Raymond Hains, Sophie Calle, Gabriel Orozco – wer sich auf die Suche nach der kuratorischen Handschrift der Christine Macel macht, trifft auf eine lange Liste von Schauen illustrer Gegenwarts-Künstlerinnen, aber nicht auf das ganz große Projekt. Dass muss nicht heißen, dass die französische Kunsthistorikerin eine Verlegenheitslösung für die nächste Biennale von Venedig wäre oder die Frauenquote nach oben treiben soll. Vergangenen Freitag berief der Biennale-Vorstand die Chefkuratorin des Pariser Centre Pompidou zur Kuratorin der 57. Ausgabe im Frühsommer 2017.
Ohne großes Aufheben um ihre eigene Person hat Macel nämlich früh an den Schnittstellen des Zeitgenössischen gearbeitet. Einer der größten Erfolge der 49-jährigen war 2011 die Schau „Danser sa vie“, die den Zusammenhang von Bildender Kunst und Tanz seit dem Beginn des 20. Jahrhunderts auffächerte. Macel gehört zu den Gründerinnen der Association of Neuroesthetics (AoN), die die Verbindungen zwischen Kunst und Neurowissenschaften erforscht.
Auch privat setzt Macel auf produktives Cross-Over: Zeitgleich hört sie gern Barockmusik aus dem 18. Jahrhundert, liest neben einem Romancier wie Tomasi di Lampedusa hardcore-Theorie des progressiven britischen Soziologen, Stuart Hall.
Mit der Wahl Macels will die Biennale offenbar wieder mehr auf Ästhetik setzen. „All the World‘s Futures“, die groß angelegte Kapitalismus-Kritik von Okwui Enwezor, ihrem Vorgänger, überzeugte 2015 nur wenige. Und ausgerechnet unter ihm mutierte die Biennale zu einer Art Messe, bei der die Galerien im Hintergrund Regie führten.
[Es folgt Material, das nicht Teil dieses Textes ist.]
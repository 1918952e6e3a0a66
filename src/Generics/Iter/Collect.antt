-- ===== src/Generics/Iter/Collect.antt =====
-- A loop over `SelectIter` that takes every row.
use sqlx_v.Prelude.{ℕ, Bool, true, false, Option, none, some, List, [], ◌∷◌, ◌++◌, ◌≡◌, ◌≢◌, refl}
use sqlx_v.Errors.{Error, root, Result, ok, fail, panics}
use sqlx_v.Value.{GoType, slice_of, pointer_to, kind, is_pointer}
use sqlx_v.Reflectx.Mapper.{Mapper}
use sqlx_v.Reflectx.Address.{Memory}
use sqlx_v.Reflectx.Tags.{Setting}
use sqlx_v.Engine.Dest.{Slot}
use sqlx_v.Engine.Scan.{SqlRows, Caches, Scanned}
use sqlx_v.Engine.Scan.Simulates.{iterate_scan-seen}
use sqlx_v.Engine.Scan.Select.{Item, new_object, append_item, select_into, select_scan}
use sqlx_v.Handles.{Queryer, select_context}
use sqlx_v.Generics.{has_no_type}
use sqlx_v.Generics.Select.Pointers.{slice_dest-slice_of}
use sqlx_v.Generics.Iter.{
  running, Loop, Body, call_yield, yield_row, yield_error, after_rows, iter_rows, iter_with,
  select_iter,
}

-- What a loop gathers: the values, and the error if there is one.
pub record Gathered : Type 0 where
  pub items : List Item
  pub err : Option Error

-- `for v, err := range … { if err != nil { gathered = err; continue }; items = append(items, v) }`.
abbrev pub gather : Body Gathered
gather (ok i) g = (record g { items = g.items ++ i ∷ [] }, true)
gather (fail e) g = (record g { err = some e }, true)
gather panics g = (g, true)

abbrev pub none_yet : Gathered
none_yet = record { items = []; err = none }

-- The loop that has gathered the items of a slice.
abbrev gathering : List Item → Loop Gathered
gathering items = record { vars = record { items = items; err = none }; phase = running }

-- What the loop has gathered is what the select returns.
abbrev pub SameGathered : Loop Gathered × Result (Unit {0}) → List Item → Result (Unit {0}) → Type 0
SameGathered (w, r) out (ok _) = (r ≡ ok tt) × (w.vars.items ≡ out) × (w.vars.err ≡ none)
SameGathered (w, r) out (fail e) =
    (r ≡ ok tt) × (w.vars.items ≡ out) × ((x : Error) × (w.vars.err ≡ some x) × (root x ≡ root e))
SameGathered (w, r) out panics = (r ≡ panics) × (w.vars.items ≡ out)

after_rows-gathering :
    (items : List Item) (r : Result (Unit {0}))
    → SameGathered (after_rows gather (gathering items) r) items r
unfolding after_rows yield_error call_yield
after_rows-gathering items (ok u) = (refl, refl, refl)
after_rows-gathering items (fail e) = (refl, refl, (_, refl, refl))
after_rows-gathering items panics = (refl, refl)

module _ {R : Type 0} (env : Setting) (size : GoType → ℕ)
    (sql_scan : R → List Slot → Memory → Memory × Result (Unit {0})) where
  yield_row-gathering :
      (n vp : ℕ) (m : Memory) (items : List Item)
      → yield_row gather false n vp m (gathering items)
        ≡ (gathering (append_item false n vp m items).0, (append_item false n vp m items).1)
  unfolding yield_row call_yield
  yield_row-gathering n vp m items = refl

  iter_with-select_into :
      (rows : SqlRows R) (t : GoType) (is_unsafe strict : Bool) (caches : Caches) (memory : Memory)
      → is_pointer (kind t) ≡ false
      → has_no_type t ≡ false
      → let s = select_into env size sql_scan rows t is_unsafe strict caches memory [] in
        SameGathered
          (iter_with env size sql_scan gather rows t is_unsafe strict caches memory (gathering []))
          s.scan.out
          s.result
  unfolding iter_with iter_rows select_into
  iter_with-select_into rows t is_unsafe strict caches memory value typed =
      rw (typed, iter_with, iter_rows, value)
        (rw
          (iterate_scan-seen gathering env size sql_scan (new_object (size t))
            (append_item false (size t)) (yield_row gather false (size t))
            (yield_row-gathering (size t)) rows t is_unsafe strict caches memory [])
          (after_rows-gathering _ _))

-- A loop that takes every row, over a type that is neither one of pointers nor an interface, gathers
-- what `Select` appends to an empty slice, from the same handle and rows: the same values in the same
-- order, those before an error too, the error with the same one at its root behind them, and a panic
-- in the same case.
pub select_iter-select_context :
    {R : Type 0} (default_mapper : Mapper) (env : Setting) (size : GoType → ℕ)
    (sql_scan : R → List Slot → Memory → Memory × Result (Unit {0})) (q : Queryer)
    (rows : SqlRows R) (t : GoType) (target : ℕ) (caches : Caches) (memory : Memory)
    → is_pointer (kind t) ≡ false
    → has_no_type t ≡ false
    → target ≢ 0
    → (s : Scanned R (List Item)) × (select_context default_mapper env size sql_scan q
          (ok rows)
          (record { type = some (pointer_to (slice_of t)); target = target })
          caches
          memory
          []
        ≡ ok s)
      × SameGathered
          (select_iter default_mapper env size sql_scan gather q (ok rows) t caches memory none_yet)
          s.scan.out
          s.result
unfolding select_iter select_context select_scan
select_iter-select_context default_mapper env size sql_scan q rows t target caches memory value
      typed nonzero =
    rw (slice_dest-slice_of t target nonzero, select_scan)
      (_, refl, iter_with-select_into _ size sql_scan rows t _ _ caches memory value typed)
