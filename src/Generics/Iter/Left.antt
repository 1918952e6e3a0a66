-- ===== src/Generics/Iter/Left.antt =====
-- A loop over `SelectIter` that is left early.
use sqlx_v.Prelude.{
  ℕ, Bool, true, false, Option, none, some, List, [], ◌∷◌, ◌≡◌, ◌≢◌, ◌⊎◌, refl, inl, inr, arith,
  String, Bool-cases, replicate, subst, sym,
}
use sqlx_v.Errors.{Error, stop_iter, Result, ok, fail, panics, Result-cases}
use sqlx_v.Value.{GoType, kind, is_pointer}
use sqlx_v.Reflectx.Mapper.{Mapper}
use sqlx_v.Reflectx.Address.{Memory}
use sqlx_v.Reflectx.Tags.{Setting}
use sqlx_v.Engine.Dest.{Slot, empty}
use sqlx_v.Engine.Scan.{
  SqlRows, closing, Caches, Scan, rows_loop, after_scan, scan_scannable, scan_struct, iterate_body,
  iterate_scan,
}
use sqlx_v.Engine.Scan.Plan.{
  Plan, returns_early, over_scannable, over_struct, run_plan, iterate_plan, iterate_body-plan,
}
use sqlx_v.Engine.Scan.Select.{copied_item, cells_from, new_object}
use sqlx_v.Handles.{Queryer}
use sqlx_v.Generics.{has_no_type, elem_type}
use sqlx_v.Generics.Iter.{
  Phase, running, left_at_row, left_at_error, Loop, Body, next_phase, call_yield, yield_row,
  yield_error, after_rows, iter_rows, iter_with, select_iter,
}

-- The loop runs, or a row was the last one and the closure returned the error.
abbrev RowEnd : Phase → Result (Unit {0}) → Type 0
RowEnd p r = (p ≡ running) ⊎ ((p ≡ left_at_row) × (r ≡ fail stop_iter))

-- The same behind the loop over the rows, which returns nil for that error.
abbrev LoopEnd : Phase → Result (Unit {0}) → Type 0
LoopEnd p r = (p ≡ running) ⊎ ((p ≡ left_at_row) × (r ≡ ok tt))

module _ {Y : Type 0} (body : Body Y) where
  yield_row-RowEnd :
      (is_ptr : Bool) (n vp : ℕ) (m : Memory) (y : Y)
      → let p = yield_row body is_ptr n vp m (record { vars = y; phase = running }) in
        RowEnd p.0.phase p.1
  unfolding yield_row call_yield
  yield_row-RowEnd true n vp m y = inl refl
  yield_row-RowEnd false n vp m y =
      elim (Bool-cases (body (ok (copied_item (cells_from m vp n))) y).1) [
        | inl goes_on ↦ inl (ground arith)
        | inr left ↦ inr (ground arith, ground arith)
      ]

module _ {R Y : Type 0} (env : Setting) (size : GoType → ℕ)
    (sql_scan : R → List Slot → Memory → Memory × Result (Unit {0})) (body : Body Y) (is_ptr : Bool)
    (n : ℕ) where
  abbrev RunsRows : (R → Scan (Loop Y) → Scan (Loop Y) × Result (Unit {0})) → Type 0
  RunsRows one_row =
      (row : R) (w : Scan (Loop Y))
      → w.out.phase ≡ running
      → RowEnd (one_row row w).0.out.phase (one_row row w).1

  after_scan-RowEnd :
      (format : String) (vp : ℕ) (w : Scan (Loop Y)) (m : Memory) (r : Result (Unit {0}))
      → w.out.phase ≡ running
      → let p =
          after_scan env size sql_scan (new_object n) (yield_row body is_ptr n) format vp w m r in
        RowEnd p.0.out.phase p.1
  unfolding after_scan
  after_scan-RowEnd format vp w m (ok u) runs =
      subst
        (λ p.
          RowEnd (yield_row body is_ptr n vp m (record { vars = w.out.vars; phase = p })).0.phase
            (yield_row body is_ptr n vp m (record { vars = w.out.vars; phase = p })).1)
        (sym runs) (yield_row-RowEnd body is_ptr n vp m w.out.vars)
  after_scan-RowEnd format vp w m (fail e) runs = inl runs
  after_scan-RowEnd format vp w m panics runs = inl runs

  rows_loop-LoopEnd :
      (one_row : R → Scan (Loop Y) → Scan (Loop Y) × Result (Unit {0})) (err : Option Error)
      (rows : List R) (w : Scan (Loop Y))
      → RunsRows one_row
      → w.out.phase ≡ running
      → LoopEnd (rows_loop one_row err rows w).0.out.phase (rows_loop one_row err rows w).1
  unfolding rows_loop
  rows_loop-LoopEnd one_row err [] w keeps runs = inl runs
  rows_loop-LoopEnd one_row err (row ∷ rows) w keeps runs = elim (Result-cases (one_row row w).1) [
    | inl (u, e) ↦ elim (keeps row w runs) [
      | inl still ↦
          rw (e, rows_loop) (rows_loop-LoopEnd one_row err rows (one_row row w).0 keeps still)
      | inr (left, stop) ↦ absurd (cc)
    ]
    | inr (inl (x, e)) ↦ elim (keeps row w runs) [
      | inl still ↦ rw (e, rows_loop) (inl still)
      | inr (left, stop) ↦ rw (stop, rows_loop) (inr (left, refl))
    ]
    | inr (inr e) ↦ elim (keeps row w runs) [
      | inl still ↦ rw (e, rows_loop) (inl still)
      | inr (left, stop) ↦ absurd (cc)
    ]
  ]

  run_plan-LoopEnd :
      (rows : SqlRows R) (plan : Plan) (w : Scan (Loop Y))
      → w.out.phase ≡ running
      → let p = run_plan env size sql_scan (new_object n) (yield_row body is_ptr n) rows plan w in
        LoopEnd p.0.out.phase p.1
  unfolding run_plan
  run_plan-LoopEnd rows (returns_early r) w runs = inl runs
  run_plan-LoopEnd rows (over_scannable t) w runs =
      rows_loop-LoopEnd
        (scan_scannable env size sql_scan (new_object n) (yield_row body is_ptr n) t) rows.err
        rows.pending w (λ row w runs. unfold scan_scannable in after_scan-RowEnd _ _ w _ _ runs)
        runs
  run_plan-LoopEnd rows (over_struct meta k) w runs =
      rows_loop-LoopEnd
        (scan_struct env size sql_scan (new_object n) (yield_row body is_ptr n) meta) rows.err
        rows.pending (record w { scan_dest = replicate k empty })
        (λ row w runs.
          unfold scan_struct in after_scan-RowEnd _ _ (record w { scan_dest = _ }) _ _ runs)
        runs

  iterate_body-LoopEnd :
      (rows : SqlRows R) (t : GoType) (is_unsafe strict : Bool) (caches : Caches)
      (w : Scan (Loop Y))
      → w.out.phase ≡ running
      → let p =
          iterate_body env size sql_scan
            (new_object n)
            (yield_row body is_ptr n)
            rows
            t
            is_unsafe
            strict
            caches
            w in
        LoopEnd p.0.0.out.phase p.0.1
  iterate_body-LoopEnd rows t is_unsafe strict caches w runs =
      rw
        (iterate_body-plan env size sql_scan (new_object n) (yield_row body is_ptr n) rows t
          is_unsafe strict caches w)
        (run_plan-LoopEnd rows (iterate_plan env rows.columns t is_unsafe strict caches).0 w runs)

-- What becomes of the iterator.
abbrev pub end_of_left : Option Error → Result (Unit {0})
end_of_left none = ok tt
end_of_left (some e) = panics

next_phase-error : (b : Bool) → next_phase b left_at_error ≢ left_at_row
next_phase-error true h = cc
next_phase-error false h = cc

after_rows-running :
    {Y : Type 0} (body : Body Y) (w : Loop Y) (r : Result (Unit {0}))
    → w.phase ≡ running
    → (after_rows body w r).0.phase ≢ left_at_row
unfolding after_rows yield_error call_yield
after_rows-running body w (ok u) runs h = cc
after_rows-running body w (fail e) runs h =
    next_phase-error _ (rw (runs, yield_error, call_yield) at h)
after_rows-running body w panics runs h = cc

after_rows-left :
    {Y : Type 0} (body : Body Y) (close_err : Option Error) (w : Loop Y) (r : Result (Unit {0}))
    → LoopEnd w.phase r
    → (after_rows body w (closing close_err r)).0.phase ≡ left_at_row
    → (after_rows body w (closing close_err r)).1 ≡ end_of_left close_err
unfolding after_rows yield_error call_yield
after_rows-left body close_err w r (inl runs) h = absurd (after_rows-running body w _ runs h)
after_rows-left body none w r (inr (left, stopped)) h = rw stopped refl
after_rows-left body (some e) w r (inr (left, stopped)) h =
    rw (stopped, after_rows, yield_error, call_yield, left) refl

iter_with-left :
    {R Y : Type 0} (env : Setting) (size : GoType → ℕ)
    (sql_scan : R → List Slot → Memory → Memory × Result (Unit {0})) (body : Body Y)
    (rows : SqlRows R) (t : GoType) (is_unsafe strict : Bool) (caches : Caches) (memory : Memory)
    (y : Y)
    → let p =
        iter_with env size sql_scan body rows t is_unsafe strict caches memory
          (record { vars = y; phase = running }) in
      p.0.phase ≡ left_at_row → p.1 ≡ end_of_left rows.close_err
unfolding iter_with iter_rows iterate_scan
iter_with-left env size sql_scan body rows t is_unsafe strict caches memory y =
    elim (Bool-cases (has_no_type t)) [
      | inl untyped ↦ rw (untyped, iter_with) (λ h. absurd (cc))
      | inr typed ↦
          rw (typed, iter_with)
            (after_rows-left body rows.close_err _ _ (
              iterate_body-LoopEnd env size sql_scan body (is_pointer (kind t)) (size (elem_type t))
                rows (elem_type t) is_unsafe strict caches
                (record {
                  memory = memory;
                  scan_dest = [];
                  out = record { vars = y; phase = running };
                })
                refl))
    ]

-- Once a row was the last one that the loop took, by a `break` or a `return`, the iterator returns if
-- the rows close without an error. If `Close` has an error, it is yielded to the loop that was left,
-- which panics.
pub select_iter-left :
    {R Y : Type 0} (default_mapper : Mapper) (env : Setting) (size : GoType → ℕ)
    (sql_scan : R → List Slot → Memory → Memory × Result (Unit {0})) (body : Body Y) (q : Queryer)
    (rows : SqlRows R) (t : GoType) (caches : Caches) (memory : Memory) (y : Y)
    → let (w, r) =
        select_iter default_mapper env size sql_scan body q (ok rows) t caches memory y in
      w.phase ≡ left_at_row → r ≡ end_of_left rows.close_err
unfolding select_iter
select_iter-left default_mapper env size sql_scan body q rows t caches memory y =
    iter_with-left _ size sql_scan body rows t _ _ caches memory y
Macels „Politik“ zielt eher auf Wahrnehmungsveränderungen. „Künstler und Menschen, die sich mit Kunst auseinandersetzen, werden aus dem neoliberalen System ausbrechen und sich vom institutionellen Korsett befreien“ sagte sie einmal in einem Interview.
Dass die Kunstwissenschaftlerin der in die Jahre und zweifelhafte Gesellschaft geratenen Ritualschau „neue Energien“ zuführt, wie Paolo Baratta, Chef der Biennale-Stiftung, ihre Wahl begründete, dafür hat sie gute Voraussetzungen. 2013, als Kuratorin des französischen Beitrags auf der Venedig-Biennale, tauschte sie mit ihrer deutschen Kollegin Susanne Gaensheimer den Pavillon, 2007 kuratierte sie den belgischen Pavillon.
Im Pariser Espace 315 präsentierte sie viele junge Nachwuchskünstlerinnen. 2011 war Macel eine der Kuratorinnen der Schau „based in berlin“. Und im Centre Pompidou leitete sie viele Jahre eine Abteilung mit dem schönen Titel „création contemporaine et prospective“.